LOGINCHAPITRE 3
Point de vue de Leila
Lorsque j’ouvris les yeux le lendemain matin, une légère douleur me lançait dans les tempes. Pourtant, un doux sourire s’étira sur mes lèvres à la pensée de tout ce qui s’était passé la veille au soir. Même dans mon sommeil, je n’avais cessé d’en revivre chaque instant.
« Ça va ? » me demanda Leo lorsque j’entrai dans la cuisine pour prendre un antidouleur et un verre d’eau.
Je hochai la tête. « Oui, j’ai juste un peu trop bu. »
Il me tendit le flacon d’Advil et le verre d’eau. « Pareil. Je n’en reviens pas d’avoir autant picolé. J’ai fait des conneries hier soir ? »
Je laissai échapper un petit rire avant d’avaler le comprimé. « Tu ne te souviens de rien ? »
Ses yeux s’agrandirent. « Je me suis affiché, c’est ça ? J’ai vomi ? »
Je secouai la tête. « Je ne te dirai rien. Je te laisse rassembler les morceaux tout seul », répliquai-je avant de quitter la cuisine, un sourire satisfait aux lèvres.
Mais mon sourire s’évanouit lorsque je me rappelai que mon frère ne se souvenait de rien de la nuit précédente. Et si Vincent était dans le même cas ? Et s’il avait oublié tout ce qu’il m’avait dit ?
Des bruits de pas dans l’escalier me tirèrent de mes pensées. Mon regard croisa celui de Vincent, et mon cœur rata un battement. Il était encore plus séduisant au réveil.
« Salut, Vince », lançai-je avec un sourire.
« Salut », répondit-il brièvement en m’accordant un simple hochement de tête avant de disparaître dans la cuisine.
Je fixai sa silhouette qui s’éloignait, perplexe. Était-ce le signe qu’il ne se souvenait de rien de la veille, ou était-il simplement de mauvaise humeur le matin ?
Je savais que je ne devais pas me faire trop de films, mais il m’était difficile de ne pas m’inquiéter en le voyant redevenir distant et ne m’adresser que des réponses monosyllabiques.
Même lorsque nous nous installâmes pour le petit-déjeuner et que mon frère annonça que Vincent avait fait livrer le repas pour tout le monde, je le remerciai avec mon plus beau sourire. Il se contenta pourtant d’un vague haussement d’épaules.
Quelques minutes plus tard, ils partirent tous les deux rejoindre des associés pour l’un des projets de Vincent.

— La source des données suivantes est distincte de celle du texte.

-- ===== src/Services/RoleService.antt =====
-- services/RoleService.cc: the roles in the database, their input and their public JSON.
use drogon_api_starter.Prelude.{
  ℕ, String, Bool, true, false, not, Option, none, some, List, [], ◌∷◌, if◌then◌else◌, ◌==◌,
}
use drogon_api_starter.Result.{Exception, invalid_argument, Result, ok, err}
use drogon_api_starter.Action.{Action, done, raise, lift, ◌>>=◌}
use drogon_api_starter.Pagination.{PageRequest, PageResult, offset, to_size_t}
use drogon_api_starter.Services.Input.{string_at, text_at}
use drogon_api_starter.Platform.{Platform, Mapper, Moment}
use drogon_api_starter.Models.Roles.{
  Roles, new_roles, get_value_of_id, get_value_of_name, get_value_of_description,
  get_value_of_created_at, get_value_of_updated_at, set_id, set_name, set_description,
  set_is_deleted, set_created_at, set_updated_at,
}
pub mod Laws

module _ (P : Platform) where
  unfoldable pub list_roles : PageRequest → Action P.Db (PageResult (Roles P.Date))
  list_roles request = P.roles.count >>= λ total.
      P.roles.find_page "created_at" request.page_size (to_size_t (offset P.int_overflow request))
      >>= λ items. done (record { items = items; total = total; request = request })

  -- `if (!role.getId()) return std::nullopt;`
  abbrev pub with_key : Roles P.Date → Option String → Option (Roles P.Date)
  with_key row none = none
  with_key row (some key) = some row

  unfoldable pub find_by_id : String → Action P.Db (Option (Roles P.Date))
  find_by_id id = P.roles.find_by_primary_key id >>= λ row. done (with_key row row.id.value)

  abbrev pub missing : Exception
  missing = invalid_argument "Request body must contain name and description"

  unfoldable pub validate_role_input : P.json.Value → Result (Unit {0})
  validate_role_input input =
      if P.json.is_object input
      then string_at P.json missing input "name"
          (string_at P.json missing input "description" (ok tt))
      else err missing

  -- The row that an insert is given.
  abbrev pub created_role : Moment P → String → String → Roles P.Date
  created_role moment name description = set_updated_at moment.now (
      set_created_at moment.now
        (set_is_deleted true (set_description description (set_name name new_roles))))

  unfoldable pub create_role : Moment P → P.json.Value → Action P.Db (Roles P.Date)
  create_role moment input = lift (validate_role_input input) >>= λ _.
      lift (text_at P.json input "name") >>= λ name.
      lift (text_at P.json input "description") >>= λ description.
      P.roles.insert (created_role moment name description)

  -- The row that an update is given, which is also what is answered.
  abbrev pub updated_role : Moment P → String → String → String → Roles P.Date
  updated_role moment id name description =
      set_updated_at moment.now (set_description description (set_name name (set_id id new_roles)))

  unfoldable pub update_role : Moment P → String → P.json.Value → Action P.Db (Roles P.Date)
  update_role moment id input = lift (validate_role_input input) >>= λ _.
      lift (text_at P.json input "name") >>= λ name.
      lift (text_at P.json input "description") >>= λ description.
      let row : Roles P.Date = updated_role moment id name description in
      P.roles.update row >>= λ touched. done row

  -- The count of deleted rows, as a bool.
  unfoldable pub delete_role : String → Action P.Db Bool
  delete_role id = P.roles.delete_by_primary_key id >>= λ deleted. done (not (deleted == 0))

  unfoldable pub to_public_json : Roles P.Date → P.json.Value
  to_public_json row =
      P.json.set "updated_at"
        (P.json.of_string (P.to_db_string (get_value_of_updated_at P.default_date row)))
        (P.json.set "created_at"
          (P.json.of_string (P.to_db_string (get_value_of_created_at P.default_date row)))
          (P.json.set "description" (P.json.of_string (get_value_of_description row)) (
            P.json.set "name" (P.json.of_string (get_value_of_name row))
              (P.json.set "id" (P.json.of_string (get_value_of_id row)) P.json.null))))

J’avais toujours aimé me retrouver seule à la maison, mais cette journée me parut interminable. Leo rentra tôt dans la soirée et me prévint que Vincent avait encore quelques affaires personnelles à régler.
Il n’était toujours pas rentré lorsque nous allâmes nous coucher. M’évitait-il, ou regrettait-il ce qu’il m’avait dit ?
Je m’accrochai à l’espoir qu’il finirait par revenir. La lingerie coquine que mon amie m’avait offerte pour mes vingt ans n’avait encore jamais servi. Ce soir-là, je la mis enfin et m’allongeai sur mon lit, attendant son retour.
Le sommeil allait et venait tandis que je somnolais par intermittence. Au moment où j’allais renoncer, un léger tapotement retentit à ma porte. Il était minuit.
Je bondis sur mes pieds et ouvris brusquement la porte, incapable de retenir mon sourire lorsqu’il entra dans ma chambre.
« Tu n’as pas changé d’avis ? » demanda-t-il, visiblement désorienté par ma tenue.
Je secouai la tête. « Non. Et toi ? »
Il retint son souffle. « Je te donne une toute dernière chance de renoncer. »
« Je ne renoncerai pas. »
Son regard s’assombrit, et toute retenue disparut enfin. Ses mains entourèrent ma taille et ses lèvres s’écrasèrent sur les miennes, me coupant le souffle. Tous mes doutes s’envolèrent tandis que je me pressais contre lui.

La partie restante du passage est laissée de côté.